WORK ITEM:
Make an exact copy of all the records.

STORED DATA Start Marker

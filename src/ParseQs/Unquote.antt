-- ===== src/ParseQs/Unquote.antt =====
-- `unquote` undoes percent-encoding.
use shadyurl.Common.{
  ℕ, zero, suc, ◌+◌, ◌/◌, ◌%◌, ◌<◌, ◌≡◌, ◌≢◌, refl, ap, ◌∙◌, Bool, true, false, not, ◌&&◌, [], ◌∷◌,
  Bytes, ◌==◌, ltb, if◌then◌else◌, arith,
}
use shadyurl.ParseQs.{is_hex, hex_pair, unquoted, skipped, unquote_from, unquote}

-- The hexadecimal digit of a number below 16, in either case of letters.
unfoldable pub hex_digit : Bool → ℕ → ℕ
hex_digit upper n = if ltb n 10 then b'0' + n else (if upper then 55 else 87) + n

abbrev pub IsByte : ℕ → Type 0
IsByte c = c < 256

-- A text and a way to write it in a URL-encoded form. Every byte may be '%' and two hexadecimal
-- digits, each in either case; a space may be '+'; and every byte but '%', '+', '&' and '=' may stand
-- for itself.
pub data IsQuoted : Bytes → Bytes → Type 0 where
  end_of_text : IsQuoted [] []
  as_itself :
      {s q : Bytes} (c : ℕ)
      → c ≢ b'%'
      → c ≢ b'+'
      → c ≢ b'&'
      → c ≢ b'='
      → IsQuoted s q
      → IsQuoted (c ∷ s) (c ∷ q)
  as_plus : {s q : Bytes} → IsQuoted s q → IsQuoted (b' ' ∷ s) (b'+' ∷ q)
  as_digits :
      {s q : Bytes} (c : ℕ) (first_upper second_upper : Bool)
      → IsByte c
      → IsQuoted s q
      → IsQuoted
          (c ∷ s)
          (b'%' ∷ hex_digit first_upper (c / 16) ∷ hex_digit second_upper (c % 16) ∷ q)

-- A test of the numbers under a bound, largest first.
passes_under : (ℕ → Bool) → ℕ → Bool
passes_under test zero = true
passes_under test (suc top) = if test top then passes_under test top else false

passes_under_at :
    (test : ℕ → Bool) (bound c : ℕ) → c < bound → passes_under test bound ≡ true → test c ≡ true
unfolding passes_under
passes_under_at test zero c below e = elim below [ ]
passes_under_at test (suc top) c below e = ground (arith, passes_under_at test top c)

-- What the decoder needs of the two digits of a byte.
abbrev decodes : Bool → Bool → ℕ → Bool
decodes first_upper second_upper c =
    let a = hex_digit first_upper (c / 16) in
    let b = hex_digit second_upper (c % 16) in
    hex_pair a b == c && (is_hex a && is_hex b) && (not (a == 0) && not (b == 0))

decodes_table :
    (first_upper second_upper : Bool) → passes_under (decodes first_upper second_upper) 256 ≡ true
unfolding passes_under hex_pair is_hex hex_digit
decodes_table true true = refl
decodes_table true false = refl
decodes_table false true = refl
decodes_table false false = refl

decodes_byte :
    (first_upper second_upper : Bool) (c : ℕ) → IsByte c → decodes first_upper second_upper c ≡ true
decodes_byte first_upper second_upper c h =
    passes_under_at (decodes first_upper second_upper) 256 c h
      (decodes_table first_upper second_upper)

abbrev digits_ok : ℕ → ℕ → Bool
digits_ok a b = (is_hex a && is_hex b) && (not (a == 0) && not (b == 0))

unquote_from_escape :
    (a b : ℕ) (s : Bytes)
    → digits_ok a b ≡ true
    → unquote_from 0 (b'%' ∷ a ∷ b ∷ s) ≡ hex_pair a b ∷ unquote_from 0 s
unfolding unquote_from unquoted skipped
unquote_from_escape a b s h = unfold is_hex hex_pair in ground arith

unquote_from_plus : (s : Bytes) → unquote_from 0 (b'+' ∷ s) ≡ b' ' ∷ unquote_from 0 s
unfolding unquote_from
unquote_from_plus s = refl

unquote_from_plain :
    (c : ℕ) (s : Bytes) → c ≢ b'%' → c ≢ b'+' → unquote_from 0 (c ∷ s) ≡ c ∷ unquote_from 0 s
unfolding unquote_from unquoted skipped
unquote_from_plain c s h k = ground arith

-- Two digits are decoded, whatever follows them.
unquote_from_digits :
    (c : ℕ) (first_upper second_upper : Bool) (s : Bytes)
    → IsByte c
    → unquote_from 0 (b'%' ∷ hex_digit first_upper (c / 16) ∷ hex_digit second_upper (c % 16) ∷ s)
      ≡ c ∷ unquote_from 0 s
unquote_from_digits c first_upper second_upper s h =
    let a = hex_digit first_upper (c / 16) in
    let b = hex_digit second_upper (c % 16) in
    ground (arith, decodes_byte first_upper second_upper c h, unquote_from_escape a b s)

-- Decoding gives the text back, in whichever way each of its bytes was written.
pub unquote_quoted : {s q : Bytes} → IsQuoted s q → unquote q ≡ s
unfolding unquote unquote_from
unquote_quoted end_of_text = refl
unquote_quoted (as_itself {s} {q} c percent plus amp eq h) =
    unquote_from_plain c q percent plus ∙ ap (◌∷◌ c) (unquote_quoted h)
unquote_quoted (as_plus {s} {q} h) = ap (◌∷◌ b' ') (unquote_quoted h)
unquote_quoted (as_digits {s} {q} c first_upper second_upper byte h) =
    unquote_from_digits c first_upper second_upper q byte ∙ ap (◌∷◌ c) (unquote_quoted h)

STORED DATA End Marker

RESULT OF THIS TASK:
filename src/ParseQs/Unquote.antt
-- ===== src/ParseQs/Unquote.antt =====
-- `unquote` undoes percent-encoding.
use shadyurl.Common.{
  ℕ, zero, suc, ◌+◌, ◌/◌, ◌%◌, ◌<◌, ◌≡◌, ◌≢◌, refl, ap, ◌∙◌, Bool, true, false, not, ◌&&◌, [], ◌∷◌,
  Bytes, ◌==◌, ltb, if◌then◌else◌, arith,
}
use shadyurl.ParseQs.{is_hex, hex_pair, unquoted, skipped, unquote_from, unquote}

-- The hexadecimal digit of a number below 16, in either case of letters.
unfoldable pub hex_digit : Bool → ℕ → ℕ
hex_digit upper n = if ltb n 10 then b'0' + n else (if upper then 55 else 87) + n

abbrev pub IsByte : ℕ → Type 0
IsByte c = c < 256

-- A text and a way to write it in a URL-encoded form. Every byte may be '%' and two hexadecimal
-- digits, each in either case; a space may be '+'; and every byte but '%', '+', '&' and '=' may stand
-- for itself.
pub data IsQuoted : Bytes → Bytes → Type 0 where
  end_of_text : IsQuoted [] []
  as_itself :
      {s q : Bytes} (c : ℕ)
      → c ≢ b'%'
      → c ≢ b'+'
      → c ≢ b'&'
      → c ≢ b'='
      → IsQuoted s q
      → IsQuoted (c ∷ s) (c ∷ q)
  as_plus : {s q : Bytes} → IsQuoted s q → IsQuoted (b' ' ∷ s) (b'+' ∷ q)
  as_digits :
      {s q : Bytes} (c : ℕ) (first_upper second_upper : Bool)
      → IsByte c
      → IsQuoted s q
      → IsQuoted
          (c ∷ s)
          (b'%' ∷ hex_digit first_upper (c / 16) ∷ hex_digit second_upper (c % 16) ∷ q)

-- A test of the numbers under a bound, largest first.
passes_under : (ℕ → Bool) → ℕ → Bool
passes_under test zero = true
passes_under test (suc top) = if test top then passes_under test top else false

passes_under_at :
    (test : ℕ → Bool) (bound c : ℕ) → c < bound → passes_under test bound ≡ true → test c ≡ true
unfolding passes_under
passes_under_at test zero c below e = elim below [ ]
passes_under_at test (suc top) c below e = ground (arith, passes_under_at test top c)

-- What the decoder needs of the two digits of a byte.
abbrev decodes : Bool → Bool → ℕ → Bool
decodes first_upper second_upper c =
    let a = hex_digit first_upper (c / 16) in
    let b = hex_digit second_upper (c % 16) in
    hex_pair a b == c && (is_hex a && is_hex b) && (not (a == 0) && not (b == 0))

decodes_table :
    (first_upper second_upper : Bool) → passes_under (decodes first_upper second_upper) 256 ≡ true
unfolding passes_under hex_pair is_hex hex_digit
decodes_table true true = refl
decodes_table true false = refl
decodes_table false true = refl
decodes_table false false = refl

decodes_byte :
    (first_upper second_upper : Bool) (c : ℕ) → IsByte c → decodes first_upper second_upper c ≡ true
decodes_byte first_upper second_upper c h =
    passes_under_at (decodes first_upper second_upper) 256 c h
      (decodes_table first_upper second_upper)

abbrev digits_ok : ℕ → ℕ → Bool
digits_ok a b = (is_hex a && is_hex b) && (not (a == 0) && not (b == 0))

unquote_from_escape :
    (a b : ℕ) (s : Bytes)
    → digits_ok a b ≡ true
    → unquote_from 0 (b'%' ∷ a ∷ b ∷ s) ≡ hex_pair a b ∷ unquote_from 0 s
unfolding unquote_from unquoted skipped
unquote_from_escape a b s h = unfold is_hex hex_pair in ground arith

unquote_from_plus : (s : Bytes) → unquote_from 0 (b'+' ∷ s) ≡ b' ' ∷ unquote_from 0 s
unfolding unquote_from
unquote_from_plus s = refl

unquote_from_plain :
    (c : ℕ) (s : Bytes) → c ≢ b'%' → c ≢ b'+' → unquote_from 0 (c ∷ s) ≡ c ∷ unquote_from 0 s
unfolding unquote_from unquoted skipped
unquote_from_plain c s h k = ground arith

-- Two digits are decoded, whatever follows them.
unquote_from_digits :
    (c : ℕ) (first_upper second_upper : Bool) (s : Bytes)
    → IsByte c
    → unquote_from 0 (b'%' ∷ hex_digit first_upper (c / 16) ∷ hex_digit second_upper (c % 16) ∷ s)
      ≡ c ∷ unquote_from 0 s
unquote_from_digits c first_upper second_upper s h =
    let a = hex_digit first_upper (c / 16) in
    let b = hex_digit second_upper (c % 16) in
    ground (arith, decodes_byte first_upper second_upper c h, unquote_from_escape a b s)

-- Decoding gives the text back, in whichever way each of its bytes was written.
pub unquote_quoted : {s q : Bytes} → IsQuoted s q → unquote q ≡ s
unfolding unquote unquote_from
unquote_quoted end_of_text = refl
unquote_quoted (as_itself {s} {q} c percent plus amp eq h) =
    unquote_from_plain c q percent plus ∙ ap (◌∷◌ c) (unquote_quoted h)
unquote_quoted (as_plus {s} {q} h) = ap (◌∷◌ b' ') (unquote_quoted h)
unquote_quoted (as_digits {s} {q} c first_upper second_upper byte h) =
    unquote_from_digits c first_upper second_upper q byte ∙ ap (◌∷◌ c) (unquote_quoted h)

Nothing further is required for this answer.